*** Opening of EXERCISE DATA ***
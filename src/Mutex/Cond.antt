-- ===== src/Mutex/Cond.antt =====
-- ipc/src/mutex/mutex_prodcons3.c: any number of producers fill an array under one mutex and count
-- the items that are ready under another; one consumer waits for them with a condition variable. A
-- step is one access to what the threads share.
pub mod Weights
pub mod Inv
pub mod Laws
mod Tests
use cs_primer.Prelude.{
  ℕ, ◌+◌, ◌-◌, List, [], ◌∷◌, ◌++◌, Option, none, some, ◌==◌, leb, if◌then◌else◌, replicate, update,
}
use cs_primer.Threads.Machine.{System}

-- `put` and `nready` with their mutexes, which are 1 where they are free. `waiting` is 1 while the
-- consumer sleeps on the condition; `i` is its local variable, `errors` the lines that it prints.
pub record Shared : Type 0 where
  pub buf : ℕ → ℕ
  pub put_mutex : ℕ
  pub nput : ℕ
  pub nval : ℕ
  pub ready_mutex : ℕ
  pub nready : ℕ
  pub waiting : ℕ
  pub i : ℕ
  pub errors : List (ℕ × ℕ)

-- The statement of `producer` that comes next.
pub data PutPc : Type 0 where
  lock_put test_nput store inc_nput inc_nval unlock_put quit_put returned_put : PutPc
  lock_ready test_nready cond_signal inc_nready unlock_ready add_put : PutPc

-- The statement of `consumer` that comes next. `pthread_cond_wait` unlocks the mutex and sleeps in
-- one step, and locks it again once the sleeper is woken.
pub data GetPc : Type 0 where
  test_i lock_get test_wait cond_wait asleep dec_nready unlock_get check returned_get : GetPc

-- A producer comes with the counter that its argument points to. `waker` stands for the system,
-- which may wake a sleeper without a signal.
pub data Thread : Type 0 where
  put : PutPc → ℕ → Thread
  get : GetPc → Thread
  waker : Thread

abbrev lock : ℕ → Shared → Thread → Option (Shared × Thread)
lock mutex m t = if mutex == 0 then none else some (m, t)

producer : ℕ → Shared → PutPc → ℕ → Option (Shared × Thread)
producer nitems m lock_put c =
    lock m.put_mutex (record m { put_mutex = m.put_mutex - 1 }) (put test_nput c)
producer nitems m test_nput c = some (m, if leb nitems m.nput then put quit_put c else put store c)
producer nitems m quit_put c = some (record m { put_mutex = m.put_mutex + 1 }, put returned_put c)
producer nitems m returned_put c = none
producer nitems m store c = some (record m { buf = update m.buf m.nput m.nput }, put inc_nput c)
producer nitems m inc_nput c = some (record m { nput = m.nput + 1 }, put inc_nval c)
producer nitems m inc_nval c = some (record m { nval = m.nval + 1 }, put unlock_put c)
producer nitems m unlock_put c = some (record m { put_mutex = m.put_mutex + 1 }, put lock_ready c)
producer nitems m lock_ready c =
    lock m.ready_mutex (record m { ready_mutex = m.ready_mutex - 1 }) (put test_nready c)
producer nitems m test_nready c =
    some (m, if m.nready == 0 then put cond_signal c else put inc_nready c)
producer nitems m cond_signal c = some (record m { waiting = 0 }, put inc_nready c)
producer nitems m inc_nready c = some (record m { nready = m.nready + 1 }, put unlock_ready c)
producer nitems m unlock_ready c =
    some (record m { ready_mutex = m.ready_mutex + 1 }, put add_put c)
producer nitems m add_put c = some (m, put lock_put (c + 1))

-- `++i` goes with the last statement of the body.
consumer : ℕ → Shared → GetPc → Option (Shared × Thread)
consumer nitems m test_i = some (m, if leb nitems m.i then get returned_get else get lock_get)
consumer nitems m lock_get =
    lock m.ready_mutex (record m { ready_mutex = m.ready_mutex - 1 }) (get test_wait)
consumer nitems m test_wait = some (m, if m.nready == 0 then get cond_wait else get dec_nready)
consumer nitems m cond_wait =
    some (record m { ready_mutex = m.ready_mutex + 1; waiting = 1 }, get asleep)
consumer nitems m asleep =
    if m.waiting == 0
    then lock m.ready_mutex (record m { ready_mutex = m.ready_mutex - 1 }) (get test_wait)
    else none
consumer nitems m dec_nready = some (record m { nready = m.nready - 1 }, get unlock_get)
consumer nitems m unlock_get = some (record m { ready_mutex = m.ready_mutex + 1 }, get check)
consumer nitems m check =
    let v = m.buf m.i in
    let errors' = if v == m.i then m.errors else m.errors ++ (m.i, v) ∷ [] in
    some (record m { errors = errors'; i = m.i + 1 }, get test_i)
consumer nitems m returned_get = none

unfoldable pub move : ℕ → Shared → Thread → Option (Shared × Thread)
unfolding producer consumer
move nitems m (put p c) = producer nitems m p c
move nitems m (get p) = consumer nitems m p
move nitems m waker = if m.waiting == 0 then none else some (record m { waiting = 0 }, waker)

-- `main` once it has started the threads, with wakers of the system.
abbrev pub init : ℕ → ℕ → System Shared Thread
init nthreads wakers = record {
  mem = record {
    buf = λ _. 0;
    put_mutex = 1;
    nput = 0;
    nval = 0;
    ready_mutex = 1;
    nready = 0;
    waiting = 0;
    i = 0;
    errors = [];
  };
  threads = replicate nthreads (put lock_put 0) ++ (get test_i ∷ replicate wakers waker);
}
*** Close of EXERCISE DATA ***
Word for word, restate the data above from its first line down to and including the line with "test_i lock_get test_wait".

▶ **SOLUTION TO THE EXERCISE**
filename src/Mutex/Cond.antt
-- ===== src/Mutex/Cond.antt =====
-- ipc/src/mutex/mutex_prodcons3.c: any number of producers fill an array under one mutex and count
-- the items that are ready under another; one consumer waits for them with a condition variable. A
-- step is one access to what the threads share.
pub mod Weights
pub mod Inv
pub mod Laws
mod Tests
use cs_primer.Prelude.{
  ℕ, ◌+◌, ◌-◌, List, [], ◌∷◌, ◌++◌, Option, none, some, ◌==◌, leb, if◌then◌else◌, replicate, update,
}
use cs_primer.Threads.Machine.{System}

-- `put` and `nready` with their mutexes, which are 1 where they are free. `waiting` is 1 while the
-- consumer sleeps on the condition; `i` is its local variable, `errors` the lines that it prints.
pub record Shared : Type 0 where
  pub buf : ℕ → ℕ
  pub put_mutex : ℕ
  pub nput : ℕ
  pub nval : ℕ
  pub ready_mutex : ℕ
  pub nready : ℕ
  pub waiting : ℕ
  pub i : ℕ
  pub errors : List (ℕ × ℕ)

-- The statement of `producer` that comes next.
pub data PutPc : Type 0 where
  lock_put test_nput store inc_nput inc_nval unlock_put quit_put returned_put : PutPc
  lock_ready test_nready cond_signal inc_nready unlock_ready add_put : PutPc

-- The statement of `consumer` that comes next. `pthread_cond_wait` unlocks the mutex and sleeps in
-- one step, and locks it again once the sleeper is woken.
pub data GetPc : Type 0 where
  test_i lock_get test_wait cond_wait asleep dec_nready unlock_get check returned_get : GetPc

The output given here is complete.